[Information supplied — start]

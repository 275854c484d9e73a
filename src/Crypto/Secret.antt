-- ===== src/Crypto/Secret.antt =====
-- src/crypto/crypto_utils.cpp: signatures verify, and private keys decrypt.
use blockchain_demo.Prelude.{
  ℕ, suc, zero, ◌+◌, ◌≡◌, refl, true, List, [], ◌∷◌, ◌++◌, some, Bytes, arith, length, All,
  All-append, take, drop, ltb, if◌then◌else◌, none, false, Option-cases, inl, inr, none-ne-some,
  eq_of_some, length-append, append_assoc,
}
use blockchain_demo.Encoding.{IsByte, bytes_to_hex}
use blockchain_demo.Encoding.Hex.{hex_to_bytes-bytes_to_hex}
use blockchain_demo.Crypto.{
  Sodium, sign_detached_hex, verify_detached_hex, encrypt_secret, decrypt_secret,
}

take-append {ℓ} : {A : Type ℓ} (n : ℕ) (xs ys : List A) → length xs ≡ n → take n (xs ++ ys) ≡ xs
take-append zero [] ys h = refl
take-append zero (x ∷ xs) ys h = absurd (omega arith)
take-append (suc n) [] ys h = absurd (omega arith)
take-append (suc n) (x ∷ xs) ys h = rw (take-append n xs ys (omega arith))

drop-append {ℓ} : {A : Type ℓ} (n : ℕ) (xs ys : List A) → length xs ≡ n → drop n (xs ++ ys) ≡ ys
drop-append zero [] ys h = refl
drop-append zero (x ∷ xs) ys h = absurd (omega arith)
drop-append (suc n) [] ys h = absurd (omega arith)
drop-append (suc n) (x ∷ xs) ys h = drop-append n xs ys (omega arith)

module _ ⦃sodium : Sodium⦄ where
  -- A signature that `SignDetachedHex` returned for a private key verifies under the public key
  -- of that private key, where the keys are bytes and the public key takes 32 of them.
  verify-sign_detached_hex :
      (message sk sig : Bytes)
      → All IsByte sk
      → length (sodium.public_of sk) ≡ 32
      → All IsByte (sodium.public_of sk)
      → sign_detached_hex message (bytes_to_hex sk) ≡ some sig
      → verify_detached_hex message sig (bytes_to_hex (sodium.public_of sk)) ≡ some true
  unfolding sign_detached_hex verify_detached_hex
  verify-sign_detached_hex message sk sig hs wide hp h = ground (
    arith,
    hex_to_bytes-bytes_to_hex sk hs,
    hex_to_bytes-bytes_to_hex (sodium.public_of sk) hp,
    hex_to_bytes-bytes_to_hex (sodium.sign_detached message sk)
        (sodium.sign_detached-IsByte message sk),
    sodium.length-sign_detached message sk,
    sodium.verify-sign message sk,
  )

  unpack :
      (salt nonce c : Bytes)
      → length salt ≡ 16
      → length nonce ≡ 24
      → (take 16 (salt ++ (nonce ++ c)) ≡ salt)
        × (take 24 (drop 16 (salt ++ (nonce ++ c))) ≡ nonce)
        × (drop 40 (salt ++ (nonce ++ c)) ≡ c)
  unpack salt nonce c hs hn = (
    take-append 16 salt (nonce ++ c) hs,
    rw (drop-append 16 salt (nonce ++ c) hs) (take-append 24 nonce c hn),
    rw (← append_assoc)
        (drop-append 40 (salt ++ nonce) c (omega (arith, length-append salt nonce))),
  )

  open_all :
      (plaintext password salt nonce key c packed : Bytes)
      → ltb (length packed) 56 ≡ false
      → take 16 packed ≡ salt
      → take 24 (drop 16 packed) ≡ nonce
      → drop 40 packed ≡ c
      → sodium.pwhash password salt ≡ some key
      → sodium.secretbox_open_easy c nonce key ≡ some plaintext
      → (if ltb (length packed) 56 then none else elim (sodium.pwhash password (take 16 packed)) [
        | none ↦ none
        | some k ↦ sodium.secretbox_open_easy (drop 40 packed) (take 24 (drop 16 packed)) k
      ])
        ≡ some plaintext
  open_all plaintext password salt nonce key c packed long hs hn hc e opened =
      rw (long, hs, e, hn, hc) opened

  -- The password that encrypted a text of bytes decrypts it, whatever salt of 16 bytes and nonce
  -- of 24 bytes were drawn.
  pub decrypt-encrypt_secret :
      (salt nonce plaintext password stored : Bytes)
      → length salt ≡ 16
      → length nonce ≡ 24
      → All IsByte salt
      → All IsByte nonce
      → All IsByte plaintext
      → encrypt_secret salt nonce plaintext password ≡ some stored
      → decrypt_secret stored password ≡ some plaintext
  unfolding encrypt_secret decrypt_secret
  decrypt-encrypt_secret salt nonce plaintext password stored hs hn bs bn bp h =
      elim (Option-cases (sodium.pwhash password salt)) [
        | inl e ↦ absurd (none-ne-some (rw (e, encrypt_secret) at h))
        | inr (key, e) ↦
            let c = sodium.secretbox_easy plaintext nonce key in
            let (got_salt, got_nonce, got_rest) = unpack salt nonce c hs hn in
            let bytes : All IsByte (salt ++ (nonce ++ c)) = All-append IsByte salt (nonce ++ c) bs (
              All-append IsByte nonce c bn (sodium.secretbox_easy-IsByte plaintext nonce key bp)) in
            let long : length (salt ++ (nonce ++ c)) ≡ 56 + length plaintext = omega (
              arith,
              length-append salt (nonce ++ c),
              length-append nonce c,
              sodium.length-secretbox_easy plaintext nonce key,
            ) in
            rw (← eq_of_some (rw (e, encrypt_secret) at h)) (
              rw (hex_to_bytes-bytes_to_hex (salt ++ (nonce ++ c)) bytes, decrypt_secret)
                (open_all plaintext password salt nonce key c (salt ++ (nonce ++ c)) (ground arith)
                  got_salt got_nonce got_rest e (sodium.open-easy plaintext nonce key)))
      ]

[Information supplied — finish]

- What is required:
For the lines above, output exactly those from the line containing "take-append 16 salt" through the line containing "-- The password", and skip the others.

- Finished exercise:
    take-append 16 salt (nonce ++ c) hs,
    rw (drop-append 16 salt (nonce ++ c) hs) (take-append 24 nonce c hn),
    rw (← append_assoc)
        (drop-append 40 (salt ++ nonce) c (omega (arith, length-append salt nonce))),
  )

  open_all :
      (plaintext password salt nonce key c packed : Bytes)
      → ltb (length packed) 56 ≡ false
      → take 16 packed ≡ salt
      → take 24 (drop 16 packed) ≡ nonce
      → drop 40 packed ≡ c
      → sodium.pwhash password salt ≡ some key
      → sodium.secretbox_open_easy c nonce key ≡ some plaintext
      → (if ltb (length packed) 56 then none else elim (sodium.pwhash password (take 16 packed)) [
        | none ↦ none
        | some k ↦ sodium.secretbox_open_easy (drop 40 packed) (take 24 (drop 16 packed)) k
      ])
        ≡ some plaintext
  open_all plaintext password salt nonce key c packed long hs hn hc e opened =
      rw (long, hs, e, hn, hc) opened

  -- The password that encrypted a text of bytes decrypts it, whatever salt of 16 bytes and nonce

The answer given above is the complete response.